# WHAT TO WORK ON
How many lines in the records below contain the word "clearing"? Answer with the number and nothing else.

Start of SUPPLIED ENTRIES

-- ===== src/TcpServer/Held.antt =====
-- What the threads of racey-tcp-server.c hold at each point, and what the moves that leave the table
-- alone do to it.
use racey_suite.Prelude.{
  ℕ, zero, suc, ◌+◌, ◌≡◌, refl, ℤ, Bool, true, false, some, List, [], ◌∷◌, total,
}
use racey_suite.Machine.{System}
use racey_suite.TcpServer.{
  SocketCalls, Shared, Pc, looking, fetching, clearing, lowering, taking, missing, receiving,
  queueing, storing, freeing, closing, offering, testing, raising, placing, placed, full,
  is_positive, worker_num,
}
use racey_suite.TcpServer.Table.{Table}
use racey_suite.TcpServer.Move.{
  Walks, spins, begins, misses, receives, releases, listens, fits, waits, spoils, gives_up, ends,
  Asks, worker_asks, main_asks, Leaves, with_fd, with_none, with_place, with_full,
}

-- Between lock and unlock of the table, and of the file.
abbrev pub in_table : Pc → Bool
in_table looking = true
in_table fetching = true
in_table (clearing fd) = true
in_table (lowering fd) = true
in_table (taking fd) = true
in_table missing = true
in_table (testing fd) = true
in_table (raising fd) = true
in_table (placing fd) = true
in_table placed = true
in_table (full fd) = true
in_table _ = false

abbrev pub in_file : Pc → Bool
in_file (storing fd n) = true
in_file (freeing fd n) = true
in_file _ = false

-- `client_idx` is one above the last entry.
abbrev pub lifted : Pc → ℕ
lifted (lowering fd) = 1
lifted (placing fd) = 1
lifted _ = 0

-- The weight of the descriptor that a thread has in its hands.
abbrev pub carried : (ℤ → ℕ) → Pc → ℕ
carried w (lowering fd) = w fd
carried w (taking fd) = w fd
carried w (receiving fd) = w fd
carried w (queueing fd n) = w fd
carried w (storing fd n) = w fd
carried w (freeing fd n) = w fd
carried w (closing fd) = w fd
carried w (offering fd) = w fd
carried w (testing fd) = w fd
carried w (raising fd) = w fd
carried w (placing fd) = w fd
carried w (full fd) = w fd
carried w _ = 0

-- The weight of a list of descriptors, and of those that the first `k` calls of `accept` returned.
abbrev pub sum : (ℤ → ℕ) → List ℤ → ℕ
sum w [] = 0
sum w (fd ∷ fds) = w fd + sum w fds

abbrev pub accepted : SocketCalls → ℕ → List ℤ
accepted io zero = []
accepted io (suc k) = io.accept k ∷ accepted io k

-- What a thread in the table knows of its last entry.
abbrev pub Knows : List ℤ → Pc → Type 0
Knows stack fetching = (fd : ℤ) × (below : List ℤ) × (stack ≡ fd ∷ below) × (is_positive fd ≡ true)
Knows stack (clearing fd) = (below : List ℤ) × (stack ≡ fd ∷ below) × (is_positive fd ≡ true)
Knows stack _ = Unit

-- The stack behind a thread's move from `p`.
abbrev pub pool_after : Pc → List ℤ → List ℤ
pool_after (clearing fd) [] = []
pool_after (clearing fd) (top ∷ below) = below
pool_after (placing fd) stack = fd ∷ stack
pool_after _ stack = stack

-- What moves that leave the table alone do to these.
pub record Quiet (p p' : Pc) : Type 0 where
  pub file : in_file p' ≡ in_file p
  pub lift : (lifted p ≡ 0) × (lifted p' ≡ 0)
  pub carry : (w : ℤ → ℕ) → carried w p' ≡ carried w p
  pub know : (stack : List ℤ) → Knows stack p'
  pub pool : (stack : List ℤ) → pool_after p stack ≡ stack

pub Walks-Quiet : {p p' : Pc} → Walks p p' → Quiet p p' × (in_table p' ≡ in_table p)
Walks-Quiet spins = (
  record { file = refl; lift = (refl, refl); carry = λ w. refl; know = λ l. tt; pool = λ l. refl },
  refl,
)
Walks-Quiet begins = (
  record { file = refl; lift = (refl, refl); carry = λ w. refl; know = λ l. tt; pool = λ l. refl },
  refl,
)
Walks-Quiet misses = (
  record { file = refl; lift = (refl, refl); carry = λ w. refl; know = λ l. tt; pool = λ l. refl },
  refl,
)
Walks-Quiet (receives fd n) = (
  record { file = refl; lift = (refl, refl); carry = λ w. refl; know = λ l. tt; pool = λ l. refl },
  refl,
)
Walks-Quiet releases = (
  record { file = refl; lift = (refl, refl); carry = λ w. refl; know = λ l. tt; pool = λ l. refl },
  refl,
)
Walks-Quiet listens = (
  record { file = refl; lift = (refl, refl); carry = λ w. refl; know = λ l. tt; pool = λ l. refl },
  refl,
)
Walks-Quiet (fits fd) = (
  record { file = refl; lift = (refl, refl); carry = λ w. refl; know = λ l. tt; pool = λ l. refl },
  refl,
)
Walks-Quiet (waits fd) = (
  record { file = refl; lift = (refl, refl); carry = λ w. refl; know = λ l. tt; pool = λ l. refl },
  refl,
)
Walks-Quiet (spoils fd) = (
  record { file = refl; lift = (refl, refl); carry = λ w. refl; know = λ l. tt; pool = λ l. refl },
  refl,
)
Walks-Quiet gives_up = (
  record { file = refl; lift = (refl, refl); carry = λ w. refl; know = λ l. tt; pool = λ l. refl },
  refl,
)
Walks-Quiet ends = (
  record { file = refl; lift = (refl, refl); carry = λ w. refl; know = λ l. tt; pool = λ l. refl },
  refl,
)

pub Asks-Quiet : {p p' : Pc} → Asks p p' → Quiet p p' × (in_table p ≡ false)
Asks-Quiet worker_asks = (
  record { file = refl; lift = (refl, refl); carry = λ w. refl; know = λ l. tt; pool = λ l. refl },
  refl,
)
Asks-Quiet (main_asks fd) = (
  record { file = refl; lift = (refl, refl); carry = λ w. refl; know = λ l. tt; pool = λ l. refl },
  refl,
)

pub Leaves-Quiet :
    {p p' : Pc} → Leaves p p' → Quiet p p' × (in_table p ≡ true) × (in_table p' ≡ false)
Leaves-Quiet (with_fd fd) = (
  record { file = refl; lift = (refl, refl); carry = λ w. refl; know = λ l. tt; pool = λ l. refl },
  refl,
  refl,
)
Leaves-Quiet with_none = (
  record { file = refl; lift = (refl, refl); carry = λ w. refl; know = λ l. tt; pool = λ l. refl },
  refl,
  refl,
)
Leaves-Quiet with_place = (
  record { file = refl; lift = (refl, refl); carry = λ w. refl; know = λ l. tt; pool = λ l. refl },
  refl,
  refl,
)
Leaves-Quiet (with_full fd) = (
  record { file = refl; lift = (refl, refl); carry = λ w. refl; know = λ l. tt; pool = λ l. refl },
  refl,
  refl,
)

pub record Inv (io : SocketCalls) (stack : List ℤ) (c : System Shared Pc) : Type 0 where
  pub table :
      Table c.shared.client_fds c.shared.client_idx (total lifted (suc worker_num) c.locals) stack
  pub holds : (i : ℕ) → in_table (c.locals i) ≡ true → c.shared.table_owner ≡ some i
  pub files : (i : ℕ) → in_file (c.locals i) ≡ true → c.shared.file_owner ≡ some i
  pub knows : (i : ℕ) → Knows stack (c.locals i)
  pub kept :
      (w : ℤ → ℕ)
      → sum w (accepted io c.shared.accepts)
        ≡ sum w stack + total (carried w) (suc worker_num) c.locals + sum w c.shared.closed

End of SUPPLIED ENTRIES

# WRITTEN RESPONSE
5